Memory management in C is significantly constrained compared to literally any other language.
Correctness and performance are essential within a compiler.
The principal memory management primitives are located in alloc.h
and alloc.c
.
The basic interface is:
void arena_allocator_create(struct arena_allocator **allocator);
void arena_allocator_free(struct arena_allocator **allocator);
void *arena_alloc(struct arena_allocator *allocator, size_t size);
(There are many helper methods such as arena_alloc_strdup
to perform C-stdlib functions within an arena).
Correctness
All debug & test builds use address sanitiser and leak sanitiser where available, including in CI. This catches the vast majority of leaks, which primarily occur from the few usages of non-arena such as in the top-level compiler instances and the linker invokers. The small number of arenas used in the project, seperated generally by compiler stage, make verifying that they are freed very easy.
Performance
The tree/graph-like nature of ASTs and IR mean allocations must be very fast. Parsing extremely large (100k lines+) files with ALWAYS_MALLOC
, which does not use the arena, can lead to compile times with ~45% of time spent in malloc
and ~50% spent in free
, dominating program execution.
The core arena_alloc
function is carefully optimised to be extremely fast.

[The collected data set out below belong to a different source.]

-- ===== src/MessageQueue/Posting/Sections.antt =====
-- The sections under the mutex of Lab23-24/sem_implementation/message_queue.c on a chain.
use os_posix.Prelude.{
  ℕ, zero, suc, ◌-◌, ◌<◌, ◌≡◌, refl, ap, ◌∙◌, Option-cases, inl, inr, false, none, some, [], ◌∷◌,
  ◌++◌, ◌==◌, if◌then◌else◌, take, arith,
}
use os_posix.MessageQueue.Cells.{Ptr, null, Text, Message, Cells, load}
use os_posix.MessageQueue.Cells.Chain.{Distinct-last, final-append, IsFresh, IsFresh-has}
use os_posix.MessageQueue.Broadcast.Chains.{link-Links}
use os_posix.MessageQueue.Counting.{unlink, then_some}
use os_posix.MessageQueue.Counting as Counting
use os_posix.MessageQueue.Counting.Sections.{HoldsChain, unlink-HoldsChain, put_tail, nonnull}
use os_posix.MessageQueue.Destroy.{free_message}
use os_posix.MessageQueue.Destroy.Freed.{Links-after}
use os_posix.MessageQueue.Signal.{text_size}
use os_posix.MessageQueue.Posting.{put_section, get_section}

-- With a fresh address the put does not fault, and adds the text, cut at the size of the array.
pub put_section-HoldsChain :
    (f : Ptr) (t : Text) (q : Counting.Queue) (cs : Cells)
    → IsFresh q.heap f
    → HoldsChain q cs
    → (q' : Counting.Queue) × (put_section f t q ≡ some q')
      × HoldsChain q' ((f, take text_size t) ∷ cs)
      × (q'.is_droped ≡ q.is_droped)
unfolding put_section
put_section-HoldsChain f t q cs n v =
    let (h, e, l) = link-Links q.heap f (take text_size t) cs n v.distinct v.links in
    (
      record q { heap = h; head = f; tail = if q.head == null then f else q.tail },
      simp (v.head, e),
      record {
        head = refl;
        tail = put_tail f q cs v;
        links = l;
        distinct = (nonnull n.0, IsFresh-has q.heap f null cs null n v.links, v.distinct);
      },
      refl,
    )

get_section_run :
    (size : ℕ) (q l : Counting.Queue) (m : Message)
    → 0 < size
    → unlink q ≡ some l
    → load l.heap q.tail ≡ some m
    → get_section size q
      ≡ some (record l { heap = free_message l.heap q.tail }, take (size - 1) m.text)
unfolding get_section
get_section_run size q l m h run at =
    let e : (size == 0) ≡ false = ground arith in simp (run, at, e)

-- Into a buffer that is not empty the get does not fault on a chain that is not empty: it takes the oldest message, and frees it.
pub get_section-HoldsChain :
    (size : ℕ) (q : Counting.Queue) (xs : Cells) (p : Ptr) (t : Text)
    → 0 < size
    → HoldsChain q (xs ++ (p, t) ∷ [])
    → (q' : Counting.Queue) × (get_section size q ≡ some (q', take (size - 1) t))
      × HoldsChain q' xs
      × (q'.is_droped ≡ q.is_droped)
get_section-HoldsChain size q xs p t h v =
    let (l, m, run, at, same, holds, kept) = unlink-HoldsChain q xs p t v in
    let (nn, out) = Distinct-last xs p t v.distinct in
    let at_p : q.tail ≡ p = v.tail ∙ final-append null xs p t in
    let q' : Counting.Queue = record l { heap = free_message l.heap q.tail } in
    (
      q',
      get_section_run size q l m h run at ∙ ap (λ x. some (q', take (size - 1) x)) same,
      record {
        head = holds.head;
        tail = holds.tail;
        links = Links-after l.heap null xs null q.tail (rw at_p out) holds.links;
        distinct = holds.distinct;
      },
      kept,
    )

into_nothing : (q : Counting.Queue) → get_section 0 q ≡ none
unfolding get_section
into_nothing q = elim (Option-cases (unlink q)) [
  | inl gone ↦ simp gone
  | inr (l, run) ↦ elim (Option-cases (load l.heap q.tail)) [
    | inl gone ↦ simp (run, gone)
    | inr (m, at) ↦ simp (run, at)
  ]
]

pub get_section-some :
    (size : ℕ) (q : Counting.Queue) {r : Counting.Queue × Text}
    → get_section size q ≡ some r
    → 0 < size
get_section-some zero q e = absurd (cc (into_nothing q))
get_section-some (suc n) q e = omega arith
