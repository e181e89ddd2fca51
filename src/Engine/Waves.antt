-- ===== src/Engine/Waves.antt =====
-- hydrodynamics/wave_matrix_processor.py. The predictor's weights and the notch filter are those
-- that the bridge engine copies, digit by digit, and are shared with it. The inertia, which no
-- formula reads, is left out.
use univac.Base.{Bool, Option, some, List, [], ◌∷◌, or_default, ◌>>=◌, if◌then◌else◌}
use univac.Floats.{Floating, max_of, clamp}
use univac.Floats.Math.{MathLib}
use univac.Engine.Bridge.{NotchRegisters, shift_in, zero_f, ar_weights, execute_notch_filter}

pub record WaveProcessor (F : Type 0) : Type 0 where
  pub diameter : F
  pub max_torque : F
  pub elevation_history : List F
  pub notch : NotchRegisters F

-- A missing key is none.
pub record WaveMetrics (F : Type 0) : Type 0 where
  pub bow_sensor_meters : Option F
  pub nominal_calculated_torque_nm : Option F
  pub unfiltered_rudder_deg : Option F
  pub nominal_shaft_depth_meters : Option F

-- The entry Aegis_SeaMachines_Interlock of the upstream telemetry.
pub record WaveInterlock (F : Type 0) : Type 0 where
  pub subsurface_aeration_warning : Bool
  pub hydrodynamic_efficiency_multiplier : F
  pub predicted_stern_swell_meters : F
  pub suggested_external_colregs_slew_rate_modifier : F
  pub wave_induced_rudder_torque_load_nm : F

pub record WaveReport (F : Type 0) : Type 0 where
  pub command_motor_torque_nm : F
  pub command_rudder_angle_deg : F
  pub internal_ventilation_index : F
  pub upstream_autonomy_telemetry : WaveInterlock F

module _ {F : Type 0} ⦃fl : Floating F⦄ where
  unfoldable pub new_processor : F → F → WaveProcessor F
  new_processor diameter max_torque = record {
    diameter = diameter;
    max_torque = max_torque;
    elevation_history = zero_f ∷ zero_f ∷ zero_f ∷ zero_f ∷ zero_f ∷ [];
    notch = record { notch_x1 = zero_f; notch_x2 = zero_f; notch_y1 = zero_f; notch_y2 = zero_f };
  }

  -- The forecast, and the shifted history.
  unfoldable pub execute_feature_40_ar_filter : MathLib F → F → List F → F × List F
  execute_feature_40_ar_filter m raw_bow_reading history =
      let shifted = shift_in raw_bow_reading history in (m.dot ar_weights shifted, shifted)

  unfoldable pub execute_feature_41_ventilation_profile : MathLib F → F → F → F → F
  execute_feature_41_ventilation_profile m diameter predicted_stern_elevation nominal_depth =
      let absolute_submergence = fl.add nominal_depth predicted_stern_elevation in
      if fl.le diameter absolute_submergence
      then fl.lit 10 1
      else if fl.le absolute_submergence zero_f
      then fl.lit 5 2
      else m.square
          (m.sin (fl.mul (fl.div fl.pi (fl.lit 20 1)) (fl.div absolute_submergence diameter)))

  unfoldable pub execute_feature_42_torque_attenuation : MathLib F → F → F → F → F
  execute_feature_42_torque_attenuation m max_torque base_torque beta_v =
      clamp (fl.neg max_torque) max_torque
        (if fl.lt beta_v (fl.lit 90 2) then fl.mul base_torque (m.square beta_v) else base_torque)

  unfoldable pub wave_interlock : F → F → F → F → WaveInterlock F
  wave_interlock beta_v predicted_elevation safe_rudder rudder_in_deg = record {
    subsurface_aeration_warning = fl.lt beta_v (fl.lit 85 2);
    hydrodynamic_efficiency_multiplier = fl.round 3 beta_v;
    predicted_stern_swell_meters = fl.round 2 predicted_elevation;
    suggested_external_colregs_slew_rate_modifier = fl.round 2 (max_of (fl.lit 2 1) beta_v);
    wave_induced_rudder_torque_load_nm =
        fl.round 1 (fl.mul (fl.abs (fl.sub safe_rudder rudder_in_deg)) (fl.lit 31500 1));
  }

  -- `process_wave_matrix` where the three required keys are present.
  unfoldable pub wave_matrix :
      MathLib F → F → F → F → F → F → WaveProcessor F → WaveReport F × WaveProcessor F
  wave_matrix m raw_bow base_torque_nm rudder_in_deg nominal_shaft_depth dt p =
      let (predicted_elevation, history) =
        execute_feature_40_ar_filter m raw_bow p.elevation_history in
      let beta_v =
        execute_feature_41_ventilation_profile m p.diameter predicted_elevation
          nominal_shaft_depth in
      let safe_torque =
        execute_feature_42_torque_attenuation m p.max_torque base_torque_nm beta_v in
      let (safe_rudder, registers) = execute_notch_filter m rudder_in_deg dt p.notch in
      (
        record {
          command_motor_torque_nm = fl.round 1 safe_torque;
          command_rudder_angle_deg = fl.round 2 safe_rudder;
          internal_ventilation_index = fl.round 3 beta_v;
          upstream_autonomy_telemetry =
              wave_interlock beta_v predicted_elevation safe_rudder rudder_in_deg;
        },
        record p { elevation_history = history; notch = registers },
      )

  -- `process_wave_matrix`, none where a key is missing: KeyError, before anything has changed.
  unfoldable pub process_wave_matrix :
      MathLib F → WaveMetrics F → F → WaveProcessor F → Option (WaveReport F × WaveProcessor F)
  process_wave_matrix m input_metrics dt p = input_metrics.bow_sensor_meters >>= λ raw_bow.
      input_metrics.nominal_calculated_torque_nm >>= λ base_torque_nm.
      input_metrics.unfiltered_rudder_deg >>= λ rudder_in_deg. some (
        wave_matrix m raw_bow base_torque_nm rudder_in_deg
          (or_default input_metrics.nominal_shaft_depth_meters (fl.lit 40 1)) dt p)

// marked as COLD to prevent inlining and keep the fast path small, as this is not a likely branch
COLD static void *arena_alloc_large(struct arena_allocator *allocator,
size_t size);
static void *arena_alloc_in_new(struct arena_allocator *allocator,
size_t aligned);
void *arena_alloc(struct arena_allocator *allocator, size_t size) {
// deterministically return NULL for zero-sized allocations
if (!size) {
return 0;
}
size_t aligned = ROUND_UP(size, ALIGNMENT);
struct arena *arena;
// unlikely macro uses `__builtin_expect` macro to inform compiler this is an unlikely branch
if (UNLIKELY(aligned > BLOCK_SIZE)) {
// slow path
return arena_alloc_large(allocator, size);
} else {
arena = allocator->last;
void *allocation;
if (LIKELY(try_alloc_in_arena(arena, aligned, &allocation))) {
return allocation;
}
}
// need to create a new arena
return arena_alloc_in_new(allocator, aligned);
}
BLOCK_SIZE
& ALIGNMENT
are both tunable. By default, block size is 4mb and alignment is 16.
The ALWAYS_MALLOC
macro can be defined to force all allocations go through malloc
instead without interfering with consumers.
Containers
Originally, the container types (principally struct vector
and struct hashtbl
) allocated their memory via malloc
. They have since been changed to support using arenas, and the majority of usages in the compile use these variants. At some point I will remove the old versions entirely, but it is not a priority.